On page 13, Healy stated that “the virtual elimination of mortality linked to bacterial infections, some of the greatest hazard to health from pollution linked to new industries such as the lead and tobacco industries”.

However, let us be aware of the rise of antibiotic resistance and superinfections in Hospital Wards.

            We should not lament too much because General Paralysis of the Insane, Pellagra Psychosis, Wernicke’s encephalopathy and many other exogenous psychosis can be treated successfully in most cases, although in Medical wards. A part of Psychiatry has been taken over by Neurology, another part by Medicine and at least a third of it by Psychologists.

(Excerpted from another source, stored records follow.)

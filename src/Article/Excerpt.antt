-- ===== src/Article/Excerpt.antt =====
-- internal/handlers/articleanalysis/analyzer.go: which sentences a summary has, and in what order.
use calligraphy.Base.{
  All, All-imp, Pairwise, length-sort_by, sort_by, sort_by-All, sort_by-Pairwise, take-All,
  take-Pairwise, ℕ, suc, ◌+◌, ◌≤◌, ◌<◌, ◌≡◌, ◌≢◌, refl, ap, sym, ◌∙◌, subst, inl, inr, min, List,
  [], ◌∷◌, true, false, some, leb, length, take, length-take, Bool-cases, arith,
}
use calligraphy.Article.Text.{Runes, Unicode}
use calligraphy.Article.Ranking.{Floats, Row, pagerank, length-pagerank}
use calligraphy.Article.Keywords.{or_default}
use calligraphy.Article.Summary.{
  word_sets, link_sentences, rows_from, Scored, scored_from, higher, earlier, rank_sentences,
  pick_first, summary_text_rank,
}
use calligraphy.Article.Places.{
  excerpt, positions, InOrder, excerpt_all, length-positions, positions_within, positions-InOrder,
  places, Apart, sort_earlier, scored_within, scored-Apart, length-scored, texts_of-excerpt,
  places-All, length-places, places-Pairwise, Below,
}

module _ (fl : Floats) where
  module _ (visit : Row fl → Row fl) (u : Unicode) where
    length-rows_from :
        (g : ℕ → Row fl) (i : ℕ) (sets : List (List Runes))
        → length (rows_from fl g i sets) ≡ length sets
    unfolding rows_from
    length-rows_from g i [] = refl
    length-rows_from g i (a ∷ sets) = ap suc (length-rows_from g (suc i) sets)

    length-word_sets : (ss : List Runes) → length (word_sets u ss) ≡ length ss
    unfolding word_sets
    length-word_sets [] = refl
    length-word_sets (s ∷ ss) = ap suc (length-word_sets ss)

    -- Every sentence that competes is ranked, once.
    ranked-All :
        (ss : List Runes)
        → let order = rank_sentences fl visit u ss in
          (length order ≡ length ss) × Pairwise (Apart fl) order × All (Below fl (length ss)) order
    unfolding rank_sentences Below Apart
    ranked-All ss =
        let sets = word_sets u ss in
        let adj = rows_from fl (link_sentences fl 0 sets (λ i. [])) 0 sets in
        let rank = pagerank fl visit adj 30 in
        let size : length rank ≡ length ss =
          length-pagerank fl visit adj 30
          ∙ length-rows_from (link_sentences fl 0 sets (λ i. [])) 0 sets
          ∙ length-word_sets ss in
        let within = scored_within fl 0 rank in
        (
          length-sort_by (higher fl) (scored_from fl 0 rank) ∙ length-scored fl 0 rank ∙ size,
          sort_by-Pairwise (λ a b. a.idx ≢ b.idx) (λ a b n e. n (sym e)) (higher fl)
              (scored_from fl 0 rank) (scored-Apart fl 0 rank),
          sort_by-All (higher fl) (λ s. s.idx < length ss) (scored_from fl 0 rank)
              (All-imp (λ s. (0 ≤ s.idx) × (s.idx < 0 + length rank)) (λ s. s.idx < length ss)
                (λ s h. omega (arith, size)) (scored_from fl 0 rank) within),
        )

    -- A summary that is picked, from a ranking of the sentences that compete.
    picked :
        (sentences : List Runes) (k : ℕ) (order : List (Scored fl))
        → k ≤ length order
        → length order ≤ length sentences
        → Pairwise (Apart fl) order
        → All (Below fl (length order)) order
        → (is : List ℕ) × (pick_first fl sentences k order ≡ some (excerpt sentences is))
          × InOrder (length sentences) is
          × (length is ≡ k)
    unfolding Below
    picked sentences k order fits inside apart below =
        let chosen = sort_by (earlier fl) (take k order) in
        let kept = take-Pairwise (Apart fl) k order apart in
        (
          places fl chosen,
          rw (texts_of-excerpt fl sentences chosen) (ground arith),
          (
            places-Pairwise fl chosen (sort_earlier fl (take k order) kept),
            places-All fl (λ i. i < length sentences) chosen
                (sort_by-All (earlier fl) (λ s. s.idx < length sentences) (take k order)
                  (take-All (λ s. s.idx < length sentences) k order
                    (All-imp (λ s. s.idx < length order) (λ s. s.idx < length sentences)
                      (λ s h. omega arith) order below))),
          ),
          length-places fl chosen
              ∙ length-sort_by (earlier fl) (take k order)
              ∙ length-take k order
              ∙ omega arith,
        )

    whole :
        (sentences : List Runes) (summary_len : ℕ)
        → leb (length sentences) (or_default summary_len 3) ≡ true
        → summary_text_rank fl visit u sentences summary_len ≡ some sentences
    unfolding summary_text_rank
    whole sentences summary_len e = rw e refl

    few :
        (sentences : List Runes) (summary_len : ℕ)
        → leb (length sentences) (or_default summary_len 3) ≡ false
        → summary_text_rank fl visit u sentences summary_len
          ≡ pick_first fl sentences
              (or_default summary_len 3)
              (rank_sentences fl visit u (take 600 sentences))
    unfolding summary_text_rank
    few sentences summary_len e = rw e refl

    chosen_few :
        (sentences : List Runes) (summary_len : ℕ)
        → or_default summary_len 3 ≤ 600
        → leb (length sentences) (or_default summary_len 3) ≡ false
        → (is : List ℕ) × (summary_text_rank fl visit u sentences summary_len
            ≡ some (excerpt sentences is))
          × InOrder (length sentences) is
          × (length is ≡ min (or_default summary_len 3) (length sentences))
    chosen_few sentences summary_len h e =
        let k = or_default summary_len 3 in
        let order = rank_sentences fl visit u (take 600 sentences) in
        let (size, apart, below) = ranked-All (take 600 sentences) in
        let more : k < length sentences = ground (arith, e) in
        let count = length-take 600 sentences in
        let (is, same, ordered, number) =
          picked sentences k order (omega (arith, size, count)) (omega (arith, size, count)) apart
            (subst (λ n. All (Below fl n) order) (sym size) below) in
        (is, few sentences summary_len e ∙ same, ordered, omega arith)

    -- A summary is sentences of the text in reading order, none twice, and as many as were asked
    -- for, or all of them where there are fewer. This is so whatever the ranks are. It asks that no
    -- more than 600 sentences are asked for, which is how many compete; past that the slice can be
    -- out of range.
    pub summary-InOrder :
        (sentences : List Runes) (summary_len : ℕ)
        → or_default summary_len 3 ≤ 600
        → (is : List ℕ) × (summary_text_rank fl visit u sentences summary_len
            ≡ some (excerpt sentences is))
          × InOrder (length sentences) is
          × (length is ≡ min (or_default summary_len 3) (length sentences))
    summary-InOrder sentences summary_len h =
        elim (Bool-cases (leb (length sentences) (or_default summary_len 3))) [
          | inl e ↦ (
            positions 0 sentences,
            whole sentences summary_len e ∙ ap some (sym (excerpt_all sentences)),
            (
              positions-InOrder 0 sentences,
              All-imp (λ j. (0 ≤ j) × (j < 0 + length sentences)) (λ j. j < length sentences)
                  (λ j b. omega arith) (positions 0 sentences) (positions_within 0 sentences),
            ),
            length-positions 0 sentences ∙ ground (arith, e),
          )
          | inr e ↦ chosen_few sentences summary_len h e
        ]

            Koch’s postulates are not invariably confirmed (he himself became aware of the limitations of his postulates) because there are many asymptomatic carriers or viruses, fungal or bacterial infections, which because of the organism’s immuno-competence does not allow the illness to develop.  The most rigorous researchers agree that the Koch’s postulates are sufficient but not necessary for the development of an illness. In this regard, the field of epigenetics have gained importance, particularly, the studies of Ogino, Lochhead, Chan, Nishihara, et al (2013) regarding risk factors for any illness, which are no more, no less than multiple epidemiological associations.

 

There is a book that applies particularly to our field:  Edward O. Wilson’s book ‘Consilience’, published in 1998. Wilson, a socio- biologist, defines human nature as a collection of epigenetic rules and proposes the synthesis of knowledge from different specialized fields of human endeavor. He thus defines consilience as “literally a ‘jumping together’ of knowledge by the linking of facts and fact-based theory across disciplines to create a common groundwork of explanation” (p. 7).  More than the genes in many illnesses, it is the epigenetic factors such as old age, viral infections, diet, degree of resilience, stress, etc. that trigger the genes into activity or lead to the mutation of some of them.

 

References

 

Birnbaum K. Der Aufbau der Psychose. Berlin: Springer; 1923

 

Ogino S, Lochhead P, Chan AT, Nishihara R, et al. Molecular pathological epidemiology of epigenetics: emerging integrative science to analyze environment, host and disease. Mod. Pathol. 2013; 26: 465-84.

 

Schneider K.  Primary and Secondary Symptoms in Schizophrenia. In Hirsch S, Shepherd M, editors.  Themes and Variations in European Psychiatry- An Anthology. Charlottesville:  University Press of Virginia; 1974, pp. 40-4.

 

Wilson EO.  Consilience: the Unity of knowledge- New York: Alfred A. Knopf; 1998.